Following SFT, DPO is applied, leveraging a dataset of approximately 7,000 samples curated from UltraFeedback and Distilabel Capybara DPO-7k Binarized. To ensure model safety, samples related to code are filtered using an LLM-based approach, and additional datasets like Helpful and Harmless RLFH are included.
Results
The main benchmark used for comparison is the model’s proficiency in code completion tasks, which is crucial for assessing its practical applicability in code-related contexts. They use the Multi-PL benchmark as the standardized evaluation metric for these assessments.
The image below shows the performance of Code Instruct 3B versus other similar instruction-tuned LLMs with 3B parameters.
They also evaluated instruction-tuned models on the code subset of the challenging Multi-turn benchmark (MT-Bench). The image below shows the results of coding questions in MT-Bench.
Another important application for code language models is database query tasks. For this, they compared the performance of Stable Code Instruct 3B against other popular instruction-tuned models and models specifically trained to perform well in SQL.
They use the benchmark created by Defog AI to evaluate the models. The results are shown in the table below.
Examples
Let’s test Code Instruct 3B through HuggingFace. You will see an interface that looks like this:
Prompted the model to complete the code for the bubble sort algorithm. Here, the model successfully performs FIM (Fill in the middle):
Prompted the model to explain a code snippet:
Prompted the model to complete an incomplete SQL code:
Stable Code Instruct 3B delivers strong test performance even in languages that were not initially included in the training set, such as Lua. The example below shows how the model can provide a simple code in the Lua language.
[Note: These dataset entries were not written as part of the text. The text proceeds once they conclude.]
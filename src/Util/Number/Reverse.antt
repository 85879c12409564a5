-- ===== src/Util/Number/Reverse.antt =====
-- `reverse` turns a string around in its place, and `utoa` leaves the digits in reading order.
use vk.Prelude.{
  ℕ, ◌+◌, ◌-◌, ◌%◌, ◌^◌, ◌≤◌, ◌<◌, ◌≡◌, ◌≢◌, inl, inr, refl, sym, ap, ◌∙◌, zero, suc, true, false,
  ◌==◌, ltb, poke, Bool-cases, done, arith, ltb→lt, ne→==, ==→eq, ==→ne,
}
use vk.Util.Number.{strlen, swap_ends, reverse, utoa}
use vk.Util.Number.Digits.{poke-other, high, high-ten, high-more, Wrote, write_digits-Wrote}

-- From `a` to `b` `t` is `m` turned around, and elsewhere it is `m`.
pub record Turned (a b : ℕ) (m t : ℕ → ℕ) : Type 0 where
  pub inside : (q : ℕ) → a ≤ q → q ≤ b → t q ≡ m (a + b - q)
  pub before : (q : ℕ) → q < a → t q ≡ m q
  pub behind : (q : ℕ) → b < q → t q ≡ m q

swapped-Turned :
    (a b : ℕ) (m t : ℕ → ℕ)
    → a < b
    → Turned (a + 1) (b - 1) (poke (poke m a (m b)) b (m a)) t
    → Turned a b m t
swapped-Turned a b m t lt w = record {
  inside = λ q lo hi. elim (Bool-cases (q == a)) [
    | inl e ↦
        let qa = ==→eq q a e in
        let at : a + b - q ≡ b = omega (arith, qa) in
        w.before q (omega (arith, qa)) ∙ rw at (ground (arith, qa))
    | inr ne ↦ elim (Bool-cases (q == b)) [
      | inl e ↦
          let qb = ==→eq q b e in
          let at : a + b - q ≡ a = omega (arith, qb) in
          w.behind q (omega (arith, qb)) ∙ rw at (ground (arith, qb))
      | inr ne' ↦
          let na = ==→ne q a ne in
          let nb = ==→ne q b ne' in
          let at : a + 1 + (b - 1) - q ≡ a + b - q = omega (arith, na, nb, lo, hi) in
          w.inside q (omega (arith, na, lo)) (omega (arith, nb, hi))
          ∙ rw at (ground (arith, na, nb, lo, hi))
    ]
  ];
  before = λ q lo. w.before q (omega (arith, lo)) ∙ ground (arith, lo);
  behind = λ q hi. w.behind q (omega (arith, hi)) ∙ ground (arith, hi);
}

pub swap_ends-Turned :
    (rounds : ℕ) (m : ℕ → ℕ) (s i j : ℕ)
    → j < i + rounds
    → 0 < rounds
    → i ≤ j + 1
    → (t : ℕ → ℕ) × (swap_ends rounds m s i j ≡ done t) × Turned (s + i) (s + j) m t
unfolding swap_ends
swap_ends-Turned zero m s i j enough pos le = absurd (omega arith)
swap_ends-Turned (suc rounds) m s i j enough pos le = elim (Bool-cases (ltb i j)) [
  | inl more ↦
      let lt = ltb→lt i j more in
      let m' = poke (poke m (s + i) (m (s + j))) (s + j) (m (s + i)) in
      let (t, e, w) =
        swap_ends-Turned rounds m' s (i + 1) (j - 1) (omega arith) (omega arith) (omega arith) in
      let ea : s + (i + 1) ≡ s + i + 1 = omega arith in
      let eb : s + (j - 1) ≡ s + j - 1 = omega arith in
      rw more (t, e, swapped-Turned (s + i) (s + j) m t (omega arith) (rw (sym ea, sym eb) w))
  | inr stop ↦
      let stop_le : j ≤ i = ground (arith, stop) in
      rw stop (
        m,
        refl,
        record {
          inside = λ q lo hi. ap m (omega (arith, lo, hi, stop_le));
          before = λ q lt. refl;
          behind = λ q lt. refl;
        },
      )
]

pub strlen_lem :
    (rounds : ℕ) (m : ℕ → ℕ) (str len : ℕ)
    → len < rounds
    → ((k : ℕ) → k < len → m (str + k) ≢ 0)
    → m (str + len) ≡ 0
    → strlen rounds m str ≡ done len
unfolding strlen
strlen_lem zero m str len lt h z = absurd (omega arith)
strlen_lem (suc rounds) m str zero lt h z =
    let e : m str ≡ 0 = ap m (omega arith) ∙ z in
    let b : (m str == 0) ≡ true = ground (arith, e) in rw b refl
strlen_lem (suc rounds) m str (suc len) lt h z =
    let ne : m str ≢ 0 = λ e. h 0 (omega arith) (ap m (omega arith) ∙ e) in
    let b : (m str == 0) ≡ false = ne→== (m str) 0 ne in
    let ih =
      strlen_lem rounds m (str + 1) len (omega arith)
        (λ k lt e. h (suc k) (omega (arith, lt)) (ap m (omega arith) ∙ e))
        (ap m (omega arith) ∙ z) in
    let one : len + 1 ≡ suc len = omega arith in rw (b, ih, one) refl

-- `n` in decimal digits stands in `t` from `s` on; what is before it is as in `m`.
pub record Decimal (n s len : ℕ) (m t : ℕ → ℕ) : Type 0 where
  pub some_digit : 0 < len
  pub few : len ≤ 10
  pub all_digits : high n len ≡ 0
  pub digit : (k : ℕ) → k < len → t (s + k) ≡ high n (len - 1 - k) % 10 + 48
  pub end : t (s + len) ≡ 0
  pub before : (q : ℕ) → q < s → t q ≡ m q

Turned-Decimal :
    (n s len : ℕ) (m w t : ℕ → ℕ)
    → n < 2 ^ 32
    → Wrote n s len m w
    → Turned s (s + (len - 1)) (poke w (s + len) 0) t
    → Decimal n s len m t
Turned-Decimal n s len m w t h wrote turned = record {
  some_digit = wrote.some_digit;
  few = wrote.few 10 (omega arith) (high-ten n h);
  all_digits = wrote.all_digits;
  digit = λ k lt.
      let at : s + (s + (len - 1)) - (s + k) ≡ s + (len - 1 - k) = omega (arith, lt) in
      turned.inside (s + k) (omega arith) (omega (arith, lt))
      ∙ rw at (poke-other w (s + len) 0 (s + (len - 1 - k)) (omega (arith, lt)))
      ∙ wrote.digit (len - 1 - k) (omega (arith, lt));
  end = turned.behind (s + len) (omega (arith, wrote.some_digit)) ∙ ground arith;
  before = λ q lt.
      turned.before q lt ∙ poke-other w (s + len) 0 q (omega (arith, lt)) ∙ wrote.before q lt;
}

-- With eleven rounds or more, which every u32 can do with, `utoa` leaves the digits of the number.
pub utoa-Decimal :
    (rounds n : ℕ) (m : ℕ → ℕ) (s : ℕ)
    → 10 < rounds
    → n < 2 ^ 32
    → (len : ℕ) × (t : ℕ → ℕ) × (utoa rounds n m s ≡ done t) × Decimal n s len m t
unfolding utoa reverse
utoa-Decimal rounds n m s enough h =
    let (len, w, e, wrote, le) =
      write_digits-Wrote rounds n 0 s m (omega arith) (high-more n rounds h (omega arith)) in
    let z : s + 0 ≡ s = omega arith in
    let wrote' : Wrote n s len m w = rw z at wrote in
    let few = wrote'.few 10 (omega arith) (high-ten n h) in
    let w' = poke w (s + len) 0 in
    let size : strlen rounds w' s ≡ done len =
      strlen_lem rounds w' s len (omega arith)
        (λ k lt e.
          omega (arith, e, poke-other w (s + len) 0 (s + k) (omega (arith, lt)), wrote'.digit k lt))
        (ground arith) in
    let (t, e', turned) =
      swap_ends-Turned rounds w' s 0 (len - 1) (omega arith) (omega arith)
        (omega (arith, wrote'.some_digit)) in
    let j : (len + (2 ^ 32 - 1)) % 2 ^ 32 ≡ len - 1 = omega (arith, wrote'.some_digit) in
    let l : 0 + len ≡ len = omega arith in
    (len, t, rw (e, l, size, j) e', Turned-Decimal n s len m w t h wrote' (rw z at turned))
This proficiency may stem from its understanding of the underlying coding principles and its ability to adapt these concepts across diverse programming environments.
Conclusion
Stable Code Instruct 3B represents a significant advancement in instruction-tuned Code Language Models, excelling in code generation, FIM (Fill in the middle) tasks, database queries, translation, explanation, and creation.
Its instruction comprehension enables diverse coding tasks beyond completion, with superior performance across standard benchmarks promising transformative impacts in the field of software engineering.